**Task brief**
Would you reproduce the whole listing below without altering a single word?
○ ○ ○ ○
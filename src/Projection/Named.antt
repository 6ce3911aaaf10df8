-- ===== src/Projection/Named.antt =====
-- The pieces that the settlements of a view name, in crates/crownline_core/src/projection.rs.
use crownline.Prelude.{
  ℕ, ◌≡◌, inl, inr, Bool, true, false, Bool-cases, not, ◌||◌, Option, none, some, List, [], ◌∷◌,
  if◌then◌else◌, get_elem?, nat_eq, ltb, nat_beq, option_beq, option_eq, contains, Result, ok, err,
  ◌>>=◌, ok_or, map_err, Ensures, map_err-Ensures, >>=-Ensures, >>=-Ensures_any,
}
use crownline.Prelude.Map
use crownline.Prelude.Map.{Map}
use crownline.Scenario.Types.{Coord, coord_eq, Player, player_eq, Site, ScenarioDefinition}
use crownline.State.Types.{PieceId, SettlementState, MatchState}
use crownline.State.Errors.{TransitionError}
use crownline.Rules.Realm.{is_governed}
use crownline.Projection.Types.{SettlementDynamicView, SettlementView, failed, panicked}
use crownline.Projection.View.{
  dynamic_view, disclosed, settlement_dynamic, permitted_dynamic, project_settlements,
}

-- The reference is to a piece that is shown.
abbrev pub Named : List PieceId → Option PieceId → Type 0
Named ids none = Unit
Named ids (some id) = contains ids id ≡ true

disclosed-Named : (ids : List PieceId) (o : Option PieceId) → Named ids (disclosed ids o)
disclosed-Named ids none = tt
disclosed-Named ids (some id) = elim (Bool-cases (contains ids id)) [
  | inl known ↦ rw known known
  | inr unknown ↦ rw unknown tt
]

abbrev pub DynamicNamed : List PieceId → Option SettlementDynamicView → Type 0
DynamicNamed ids none = Unit
DynamicNamed ids (some d) =
    Named ids d.founder × Named ids d.produced_pawn × Named ids d.transfer_candidate

abbrev pub AllNamed : List PieceId → Map SettlementView → Type 0
AllNamed ids [] = Unit
AllNamed ids ((index, s) ∷ rest) = DynamicNamed ids s.dynamic × AllNamed ids rest

insert-AllNamed :
    (ids : List PieceId) (index : ℕ) (s : SettlementView) (views : Map SettlementView)
    → DynamicNamed ids s.dynamic
    → AllNamed ids views
    → AllNamed ids (Map.insert index s views)
unfolding Map.insert
insert-AllNamed ids index s [] h k = (h, tt)
insert-AllNamed ids index s ((j, v) ∷ views) h (k, ks) = elim (Bool-cases (ltb index j)) [
  | inl before ↦ rw before (h, (k, ks))
  | inr after ↦ elim (Bool-cases (nat_beq j index)) [
    | inl same ↦ rw (after, same) (h, ks)
    | inr other ↦ rw (after, other) (k, insert-AllNamed ids index s views h ks)
  ]
]

permitted_dynamic-DynamicNamed :
    (permitted : Bool) (scenario : ScenarioDefinition) (state : MatchState) (s : SettlementState)
    (ids : List PieceId)
    → Ensures (DynamicNamed ids) (permitted_dynamic permitted scenario state s ids)
unfolding permitted_dynamic settlement_dynamic
permitted_dynamic-DynamicNamed false scenario state s ids = tt
permitted_dynamic-DynamicNamed true scenario state s ids =
    go (is_governed scenario state s.site_index)
  where
    go :
        (r : Result Bool TransitionError)
        → Ensures
            (DynamicNamed ids)
            ((r >>= λ held. ok (dynamic_view s ids held)) >>= λ d. ok (some d))
    go (ok held) = (
      disclosed-Named ids s.founder,
      disclosed-Named ids s.produced_pawn,
      disclosed-Named ids s.transfer_candidate,
    )
    go (err e) = tt

pub project_settlements-AllNamed :
    (scenario : ScenarioDefinition) (state : MatchState) (seat : Player)
    (visible explored : List Coord) (ids : List PieceId) (settlements : List SettlementState)
    (projected : Map SettlementView)
    → AllNamed ids projected
    → Ensures
        (AllNamed ids)
        (project_settlements scenario state seat visible explored ids settlements projected)
unfolding project_settlements
project_settlements-AllNamed scenario state seat visible explored ids [] projected h = h
project_settlements-AllNamed scenario state seat visible explored ids (s ∷ rest) projected h =
    >>=-Ensures_any (AllNamed ids) (ok_or (get_elem? scenario.settlements s.site_index) panicked) _
      λ site _.
        >>=-Ensures (AllNamed ids) (AllNamed ids) _ _ (one site (contains explored site.at))
          λ next. project_settlements-AllNamed scenario state seat visible explored ids rest next
  where
    one :
        (site : Site) (known : Bool)
        → Ensures (AllNamed ids) (
            if not known then ok projected else do
              dynamic ←
                  map_err
                    (permitted_dynamic
                      (contains visible site.at || option_beq s.owner (some seat))
                      scenario
                      state
                      s
                      ids)
                    failed
              ok (
                  Map.insert s.site_index
                    (record {
                      site_index = s.site_index;
                      id = site.id;
                      at = site.at;
                      dynamic = dynamic;
                    })
                    projected))
    one site false = h
    one site true =
        >>=-Ensures (DynamicNamed ids) (AllNamed ids) _ _
          (map_err-Ensures (DynamicNamed ids) _ failed (
            permitted_dynamic-DynamicNamed
              (contains visible site.at || option_beq s.owner (some seat)) scenario state s ids))
          λ dynamic named. insert-AllNamed ids s.site_index _ projected named h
○ ○ ○ ○
**Task response**
filename src/Projection/Named.antt
repository 6ce3911aaaf10df8
-- ===== src/Projection/Named.antt =====
-- The pieces that the settlements of a view name, in crates/crownline_core/src/projection.rs.
use crownline.Prelude.{
  ℕ, ◌≡◌, inl, inr, Bool, true, false, Bool-cases, not, ◌||◌, Option, none, some, List, [], ◌∷◌,
  if◌then◌else◌, get_elem?, nat_eq, ltb, nat_beq, option_beq, option_eq, contains, Result, ok, err,
  ◌>>=◌, ok_or, map_err, Ensures, map_err-Ensures, >>=-Ensures, >>=-Ensures_any,
}
use crownline.Prelude.Map
use crownline.Prelude.Map.{Map}
use crownline.Scenario.Types.{Coord, coord_eq, Player, player_eq, Site, ScenarioDefinition}
use crownline.State.Types.{PieceId, SettlementState, MatchState}
use crownline.State.Errors.{TransitionError}
use crownline.Rules.Realm.{is_governed}
use crownline.Projection.Types.{SettlementDynamicView, SettlementView, failed, panicked}
use crownline.Projection.View.{
  dynamic_view, disclosed, settlement_dynamic, permitted_dynamic, project_settlements,
}

-- The reference is to a piece that is shown.
abbrev pub Named : List PieceId → Option PieceId → Type 0
Named ids none = Unit
Named ids (some id) = contains ids id ≡ true

disclosed-Named : (ids : List PieceId) (o : Option PieceId) → Named ids (disclosed ids o)
disclosed-Named ids none = tt
disclosed-Named ids (some id) = elim (Bool-cases (contains ids id)) [
  | inl known ↦ rw known known
  | inr unknown ↦ rw unknown tt
]

abbrev pub DynamicNamed : List PieceId → Option SettlementDynamicView → Type 0
DynamicNamed ids none = Unit
DynamicNamed ids (some d) =
    Named ids d.founder × Named ids d.produced_pawn × Named ids d.transfer_candidate

abbrev pub AllNamed : List PieceId → Map SettlementView → Type 0
AllNamed ids [] = Unit
AllNamed ids ((index, s) ∷ rest) = DynamicNamed ids s.dynamic × AllNamed ids rest

insert-AllNamed :
    (ids : List PieceId) (index : ℕ) (s : SettlementView) (views : Map SettlementView)
    → DynamicNamed ids s.dynamic
    → AllNamed ids views
    → AllNamed ids (Map.insert index s views)
unfolding Map.insert
insert-AllNamed ids index s [] h k = (h, tt)
insert-AllNamed ids index s ((j, v) ∷ views) h (k, ks) = elim (Bool-cases (ltb index j)) [
  | inl before ↦ rw before (h, (k, ks))
  | inr after ↦ elim (Bool-cases (nat_beq j index)) [
    | inl same ↦ rw (after, same) (h, ks)
    | inr other ↦ rw (after, other) (k, insert-AllNamed ids index s views h ks)
  ]
]

permitted_dynamic-DynamicNamed :
    (permitted : Bool) (scenario : ScenarioDefinition) (state : MatchState) (s : SettlementState)
    (ids : List PieceId)
    → Ensures (DynamicNamed ids) (permitted_dynamic permitted scenario state s ids)
unfolding permitted_dynamic settlement_dynamic
permitted_dynamic-DynamicNamed false scenario state s ids = tt
permitted_dynamic-DynamicNamed true scenario state s ids =
    go (is_governed scenario state s.site_index)
  where
    go :
        (r : Result Bool TransitionError)
        → Ensures
            (DynamicNamed ids)
            ((r >>= λ held. ok (dynamic_view s ids held)) >>= λ d. ok (some d))
    go (ok held) = (
      disclosed-Named ids s.founder,
      disclosed-Named ids s.produced_pawn,
      disclosed-Named ids s.transfer_candidate,
    )
    go (err e) = tt

pub project_settlements-AllNamed :
    (scenario : ScenarioDefinition) (state : MatchState) (seat : Player)
    (visible explored : List Coord) (ids : List PieceId) (settlements : List SettlementState)
    (projected : Map SettlementView)
    → AllNamed ids projected
    → Ensures
        (AllNamed ids)
        (project_settlements scenario state seat visible explored ids settlements projected)
unfolding project_settlements
project_settlements-AllNamed scenario state seat visible explored ids [] projected h = h
project_settlements-AllNamed scenario state seat visible explored ids (s ∷ rest) projected h =
    >>=-Ensures_any (AllNamed ids) (ok_or (get_elem? scenario.settlements s.site_index) panicked) _
      λ site _.
        >>=-Ensures (AllNamed ids) (AllNamed ids) _ _ (one site (contains explored site.at))
          λ next. project_settlements-AllNamed scenario state seat visible explored ids rest next
  where
    one :
        (site : Site) (known : Bool)
        → Ensures (AllNamed ids) (
            if not known then ok projected else do
              dynamic ←
                  map_err
                    (permitted_dynamic
                      (contains visible site.at || option_beq s.owner (some seat))
                      scenario
                      state
                      s
                      ids)
                    failed
              ok (
                  Map.insert s.site_index
                    (record {
                      site_index = s.site_index;
                      id = site.id;
                      at = site.at;
                      dynamic = dynamic;
                    })
                    projected))
    one site false = h
    one site true =
        >>=-Ensures (DynamicNamed ids) (AllNamed ids) _ _
          (map_err-Ensures (DynamicNamed ids) _ failed (
            permitted_dynamic-DynamicNamed
              (contains visible site.at || option_beq s.owner (some seat)) scenario state s ids))
          λ dynamic named. insert-AllNamed ids s.site_index _ projected named h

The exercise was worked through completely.